The name of the diplomatic game over the past few weeks seems to have been “Bear Down on Israel.” The pressure has come in many forms:
● The European Union’s one-sided decision against all trade with any company connected with Judea and Samaria (Yesha).
● U.S. Secretary of State John Kerry’s ongoing diplomatic shuttle in which he has apparently pressured Prime Minister Netanyahu to accept all of the PA’s preconditions for resuming negotiations, including the release of dozens of Palestinian terrorists.
● American coercion on Israel to refrain from building homes for many of its citizens – specifically, those living in the areas where most of biblical Jewish history took place; and more.
Bottom line: Kerry’s announcement that top Israeli and PA officials would be arriving in Washington in the coming days to begin yet another round of talks.
Where does all this leave Israel?
First and foremost, we simply cannot ignore the most blatantly immoral aspect of the American position: The Obama administration is twisting Israel’s arm to force it to free Palestinian terrorist murderers – while at the same time the U.S. refuses to make the simple humanitarian gesture of freeing long-imprisoned Jonathan Pollard.
Nearly as immoral is the European Union’s stance. As Alan Baker, director of the Jerusalem Center for Public Affairs and former Israel ambassador to Canada, wrote this week, “the EU has many free trade agreements and understandings with countries whose territorial boundaries are in dispute,” yet it has chosen to punish only Israel for its neighbors’ hostility.
Specifically, the EU has now issued guidelines, albeit non-binding, advising its member states not to provide “funding, cooperation, scholarships, research funds, or prizes” to anyone residing in the Jewish towns in Judea, Samaria and eastern Jerusalem.
“This unprecedented and hostile EU fixation with Israel and its settlements,” Baker writes, “is based on a series of long-standing and deliberately misleading and flawed legal and political assumptions regarding the illegality of Israel’s settlements and the status of the pre-1967 armistice lines as Israel’s border.”
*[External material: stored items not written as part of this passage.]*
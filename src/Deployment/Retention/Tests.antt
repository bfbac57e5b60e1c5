-- ===== src/Deployment/Retention/Tests.antt =====
-- Retention on three healthy releases of one project, two of which share an image.
use mathlib.Core.List.{Memᴰ}
use hello_deploy.Prelude.{
  ℕ, ◌≤◌, ◌≡◌, refl, Bool, true, Option, none, some, List, [], ◌∷◌, length, take, All, codes, Text,
}
use hello_deploy.Contracts.Enums.{healthy}
use hello_deploy.Deployment.Retention.{
  Release, cleanup_old_releases, to_clean, healthy_releases, sort_desc, insert_desc,
  release_keep_count, is_healthy_of, is_not,
}
use hello_deploy.Deployment.Retention.Safety.{Justified, cleanup_old_releases-Justified}
use hello_deploy.Deployment.Retention.Kept.{to_clean_old}

abbrev release : ℕ → Text → Release
release n tag = record {
  id = n;
  project_id = 7;
  status = healthy;
  sequence_number = n;
  active_container_id = some n;
  image_tag = some tag;
  image_ref = none;
  image_digest = none;
}

abbrev oldest : Release
oldest = release 1 (codes "app:1")

abbrev three : List Release
three = oldest ∷ release 2 (codes "app:2") ∷ release 3 (codes "app:2") ∷ []

abbrev platform : Text
platform = codes "registry/apps"

abbrev manifest : Text → Option Bool
manifest t = some true

cleaned : to_clean 7 (some 3) (release_keep_count 2) three ≡ oldest ∷ []
unfolding to_clean healthy_releases sort_desc insert_desc release_keep_count
cleaned = refl

cleanup_old_releases-Justified_example :
    All
      (Justified platform three (to_clean 7 (some 3) (release_keep_count 2) three))
      (cleanup_old_releases platform manifest 7 (some 3) 2 three).actions
cleanup_old_releases-Justified_example =
    cleanup_old_releases-Justified platform manifest 7 (some 3) 2 three

to_clean_old_example :
    (is_healthy_of 7 oldest ≡ true)
    × (is_not (some 3) oldest ≡ true)
    × (1 ≤ release_keep_count 2)
    × (2 ≤ release_keep_count 2)
    × (length (take (release_keep_count 2) (healthy_releases 7 three)) ≡ release_keep_count 2)
    × All
        (λ k. oldest.sequence_number ≤ k.sequence_number)
        (take (release_keep_count 2) (healthy_releases 7 three))
unfolding to_clean healthy_releases sort_desc insert_desc release_keep_count
to_clean_old_example = to_clean_old 7 (some 3) 2 three oldest (Memᴰ.head refl)
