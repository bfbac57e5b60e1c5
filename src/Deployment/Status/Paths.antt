-- ===== src/Deployment/Status/Paths.antt =====
-- Chains of allowed status changes.
use hello_deploy.Prelude.{
  ℕ, zero, suc, ap, ◌⊎◌, inl, inr, ◌+◌, ◌≤◌, ◌<◌, ◌≡◌, ◌≢◌, refl, true, false, ◌↔◌, arith,
}
use hello_deploy.Contracts.Enums.{
  DeploymentStatus, queued, validating, building, deploying, healthy, failed, cancelled,
  rolled_back,
}
use hello_deploy.Deployment.Status.{can_transition, is_terminal, is_active}

-- A chain of `n` allowed changes.
pub data Chain : DeploymentStatus → ℕ → DeploymentStatus → Type 0 where
  here : {s : DeploymentStatus} → Chain s 0 s
  step :
      {s : DeploymentStatus} (t : DeploymentStatus) {u : DeploymentStatus} {n : ℕ}
      → can_transition s t ≡ true
      → Chain t n u
      → Chain s (suc n) u

-- How far a status is along the life cycle.
abbrev rank : DeploymentStatus → ℕ
rank queued = 0
rank validating = 1
rank building = 2
rank deploying = 3
rank healthy = 4
rank failed = 5
rank cancelled = 5
rank rolled_back = 5

can_transition-lt-rank : (s t : DeploymentStatus) → can_transition s t ≡ true → rank s < rank t
unfolding can_transition
can_transition-lt-rank s t h = ground arith

Chain-rank : {s t : DeploymentStatus} {n : ℕ} → Chain s n t → rank s + n ≤ rank t
Chain-rank here = omega arith
Chain-rank (step {s} t h c) = omega (arith, can_transition-lt-rank s t h, Chain-rank c)

rank_le : (s : DeploymentStatus) → rank s ≤ 5
rank_le s = ground arith

from_building : Chain building 2 healthy
unfolding can_transition
from_building = step deploying refl (step healthy refl here)

from_validating : Chain validating 3 healthy
unfolding can_transition
from_validating = step building refl from_building

-- No chain of allowed changes has more than five steps, and one of at least one step ends in
-- another status than it began with.
pub transitions_acyclic :
    (s t : DeploymentStatus) (n : ℕ) → Chain s n t → (n ≤ 5) × ((n ≡ 0) ⊎ (s ≢ t))
transitions_acyclic s t zero c = (omega arith, inl refl)
transitions_acyclic s t (suc n) c = (
  omega (arith, Chain-rank c, rank_le t),
  inr (λ e. absurd (omega (arith, Chain-rank c, ap rank e))),
)

-- An active status is not terminal, becomes healthy in at most four allowed changes, and can be
-- cancelled at once.
pub active_can_finish :
    (s : DeploymentStatus)
    → is_active s ≡ true
    → (is_terminal s ≡ false)
      × ((n : ℕ) × (n ≤ 4) × Chain s n healthy)
      × (can_transition s cancelled ≡ true)
unfolding is_active is_terminal can_transition
active_can_finish queued h = (refl, (4, omega arith, step validating refl from_validating), refl)
active_can_finish validating h = (refl, (3, omega arith, from_validating), refl)
active_can_finish building h = (refl, (2, omega arith, from_building), refl)
active_can_finish deploying h = (refl, (1, omega arith, step healthy refl here), refl)
active_can_finish healthy h = cc
active_can_finish failed h = cc
active_can_finish cancelled h = cc
active_can_finish rolled_back h = cc

-- A terminal status is not active, and the only change that it allows is from healthy to rolled
-- back.
pub terminal_may_roll_back :
    (s t : DeploymentStatus)
    → is_terminal s ≡ true
    → (is_active s ≡ false) × ((can_transition s t ≡ true) ↔ ((s ≡ healthy) × (t ≡ rolled_back)))
unfolding is_active is_terminal can_transition
terminal_may_roll_back s t h = (ground arith, ground arith)
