-- ===== src/Deployment/Status/Updates.antt =====
-- Writes to the collection of deployment records, and the numbers that new records get.
use mathlib.Core.Option
use mathlib.Core.List.{Memᴰ}
use mathlib.Core.Path.{subst}
use native.Mathlib.Decide.{ℕ_discrete}
use hello_deploy.Prelude.{
  ℕ, ◌+◌, ◌≤◌, ◌<◌, ◌≡◌, ◌≢◌, refl, Bool, false, not, arith, List, [], ◌∷◌, Bool-cases, leb,
  leb_iff, Option, none, some, if◌then◌else◌, ◌==◌, ◌⊎◌, inl, inr, All, or_else, max,
}
use hello_deploy.Contracts.Enums.{DeploymentStatus, DeploymentStatus-eq}
use hello_deploy.Deployment.Status.{
  Row, update_status, is_terminal, last_sequence, next_sequence_number,
}

-- `findById`: the first record with an id.
unfoldable pub find : ℕ → List Row → Option Row
find id [] = none
find id (r ∷ rs) = if r.id == id then some r else find id rs

-- Ids are unique in a collection.
abbrev pub Fresh : ℕ → List Row → Type 0
Fresh id = All (λ r. r.id ≢ id)

abbrev pub HasUniqueIds : List Row → Type 0
HasUniqueIds [] = Unit
HasUniqueIds (r ∷ rs) = Fresh r.id rs × HasUniqueIds rs

-- What a write of a status may do to one record.
abbrev pub finish : DeploymentStatus → Row → Row
finish to r = if is_terminal r.status then r else record r { status = to }

abbrev pub is_open : Option Row → Bool
is_open none = false
is_open (some r) = not (is_terminal r.status)

module _ (id : ℕ) (to : DeploymentStatus) where
  update_status-Fresh : (rows : List Row) → Fresh id rows → update_status id to rows ≡ (rows, false)
  unfolding update_status
  update_status-Fresh [] h = refl
  update_status-Fresh (r ∷ rs) (p, h) = ground (arith, update_status-Fresh rs h)

  find-Fresh : (rows : List Row) → Fresh id rows → find id rows ≡ none
  unfolding find
  find-Fresh [] h = refl
  find-Fresh (r ∷ rs) (p, h) = ground (arith, find-Fresh rs h)

  update_status_here :
      (j : ℕ) (r : Row) (rs : List Row)
      → Fresh id rs
      → r.id ≡ id
      → (find j (update_status id to (r ∷ rs)).0
          ≡ (if j == id then some (finish to r) else find j (r ∷ rs)))
        × ((update_status id to (r ∷ rs)).1 ≡ not (is_terminal r.status))
  unfolding find update_status
  update_status_here j r rs p e = ground (arith, update_status-Fresh rs p, find-Fresh rs p)

  update_status_there :
      (j : ℕ) (r : Row) (rs : List Row)
      → r.id ≢ id
      → (find j (update_status id to (r ∷ rs)).0
          ≡ (if r.id == j then some r else find j (update_status id to rs).0))
        × ((update_status id to (r ∷ rs)).1 ≡ (update_status id to rs).1)
  unfolding find update_status
  update_status_there j r rs n = ground arith

  -- With unique ids, a status write changes the record with that id and no other, and that one
  -- only if it is not terminal; its result says whether it did.
  pub update_status_effect :
      (j : ℕ) (rows : List Row)
      → HasUniqueIds rows
      → (find j (update_status id to rows).0
          ≡ (if j == id then Option.map (finish to) (find id rows) else find j rows))
        × ((update_status id to rows).1 ≡ is_open (find id rows))
  unfolding find update_status
  update_status_effect j [] h = ground arith
  update_status_effect j (r ∷ rs) (p, h) = elim (ℕ_discrete r.id id) [
    | yes e ↦
        let p' : Fresh id rs = subst (λ i. Fresh i rs) e p in
        ground (arith, update_status_here j r rs p' e, find-Fresh rs p')
    | no n ↦ ground (arith, update_status_effect j rs h)
  ]

  update_status-Fresh_other :
      (j : ℕ) (rows : List Row) → Fresh j rows → Fresh j (update_status id to rows).0
  unfolding update_status
  update_status-Fresh_other j [] h = tt
  update_status-Fresh_other j (r ∷ rs) (p, h) = ground (arith, update_status-Fresh_other j rs h)

  pub update_status-HasUniqueIds :
      (rows : List Row) → HasUniqueIds rows → HasUniqueIds (update_status id to rows).0
  unfolding update_status
  update_status-HasUniqueIds [] h = tt
  update_status-HasUniqueIds (r ∷ rs) (p, h) =
      ground (arith, update_status-HasUniqueIds rs h, update_status-Fresh_other r.id rs p)

last_sequence_bound :
    (project : ℕ) (rows : List Row) (r : Row)
    → Memᴰ r rows
    → r.project_id ≡ project
    → r.sequence_number ≤ or_else (last_sequence project rows) 0
unfolding last_sequence
last_sequence_bound project [] r m p = elim m [ ]
last_sequence_bound project (q ∷ rows) r (Memᴰ.head e) p = ground arith
last_sequence_bound project (q ∷ rows) r (Memᴰ.tail m) p =
    ground (arith, last_sequence_bound project rows r m p)

-- A record of the project has the number `n`.
abbrev pub Numbered : ℕ → List Row → ℕ → Type 0
Numbered project rows n =
    (q : Row) × Memᴰ q rows × (q.project_id ≡ project) × (q.sequence_number ≡ n)

Numbered-tail :
    {project n : ℕ} {q : Row} {rows : List Row}
    → (n ≡ 0) ⊎ Numbered project rows n
    → (n ≡ 0) ⊎ Numbered project (q ∷ rows) n
Numbered-tail (inl z) = inl z
Numbered-tail (inr (r, m, p, e)) = inr (r, Memᴰ.tail m, p, e)

last_sequence_reached :
    (project : ℕ) (rows : List Row)
    → (or_else (last_sequence project rows) 0 ≡ 0)
      ⊎ Numbered project rows (or_else (last_sequence project rows) 0)
unfolding last_sequence
last_sequence_reached project [] = inl refl
last_sequence_reached project (q ∷ rows) = elim (Bool-cases (q.project_id == project)) [
  | inr other ↦ rw other (Numbered-tail (last_sequence_reached project rows))
  | inl own ↦
      rw own (elim (Bool-cases (leb (or_else (last_sequence project rows) 0) q.sequence_number)) [
        | inl le ↦ inr (q, Memᴰ.head refl, ground arith, omega (arith, (leb_iff _ _).0 le))
        | inr gt ↦
            let above : max q.sequence_number (or_else (last_sequence project rows) 0)
                ≡ or_else (last_sequence project rows) 0 =
              ground arith in
            rw above (Numbered-tail (last_sequence_reached project rows))
      ])
]

-- The next sequence number of a project is larger than that of each of its records, and no larger
-- than it has to be: it is 1, or follows the number of one of them.
pub next_sequence_number_fresh :
    (rows : List Row) (project : ℕ) (r : Row)
    → Memᴰ r rows
    → r.project_id ≡ project
    → (r.sequence_number < next_sequence_number rows project)
      × ((next_sequence_number rows project ≡ 1)
          ⊎ ((n : ℕ) × Numbered project rows n × (next_sequence_number rows project ≡ n + 1)))
unfolding next_sequence_number
next_sequence_number_fresh rows project r m p = (
  omega (arith, last_sequence_bound project rows r m p),
  elim (last_sequence_reached project rows) [
    | inl z ↦ inl (omega arith)
    | inr at ↦ inr (or_else (last_sequence project rows) 0, at, refl)
  ],
)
Baker concludes: “The EU has taken sides, and [is thus] undermining the negotiating process…. [The EU’s] position and actions against Israel are all the more unfortunate and regrettable in light of the tragic Jewish history in Europe, which cannot be ignored or forgotten.”
Practically speaking, as of Jan. 1, 2014, businesses and stores in the Jewish Quarter of the Old City of Yerushalayim, for instance, will no longer be freely able to do business with European customers. (Ironically, Jews living in the former Jewish Quarter, known today as the Muslim Quarter, are ostensibly not included in this ban, as they do not live in “Jewish settlements.”)
It is not yet exactly clear how the Jewish businesses in Yesha will deal with this serious threat. As of now, reactions from Yesha have been only on the verbal front. “It looks like history is not studied in Europe,” said a Yesha Council statement, “and Europe is once again implementing a policy of discrimination and boycotting against [Jews]. The government of Israel must order an immediate halt to all European-funded projects [for Arabs] in Judea and Samaria until this latest unilateral decision is rescinded.”
For the record, the driving force behind this blatantly anti-Israel policy, applicable to nearly the entire European continent, is Catherine Ashton, the European Union foreign affairs executive.
How should Israel react to this pressure from the United States and Europe?
Yoram Ettinger, former Israeli liaison to Congress and an expert on Israel-U.S. relations, has a simple answer: “There are no free lunches in personal and national struggles, especially when it comes to the Jewish people. Successful struggles require defiance of pressure – [and it is this that] has ensured the survival of Judaism and the Jewish people.”
Ettinger notes that since Israel’s establishment in 1948, it has successfully and beneficially resisted strong international pressures in the following cases: The U.S. military embargo and threat of economic embargo in 1948; the annexation of western Jerusalem and parts of Tel Aviv, the Galilee and the Negev in 1949; the reunification of Jerusalem in 1967; the destruction of Iraq’s nuclear reactor in 1981; the application of Israeli law in the Golan in 1981; the settlement of 375,000 Jews in Judea and Samaria and 250,000 Jews in eastern Jerusalem since 1967; etc.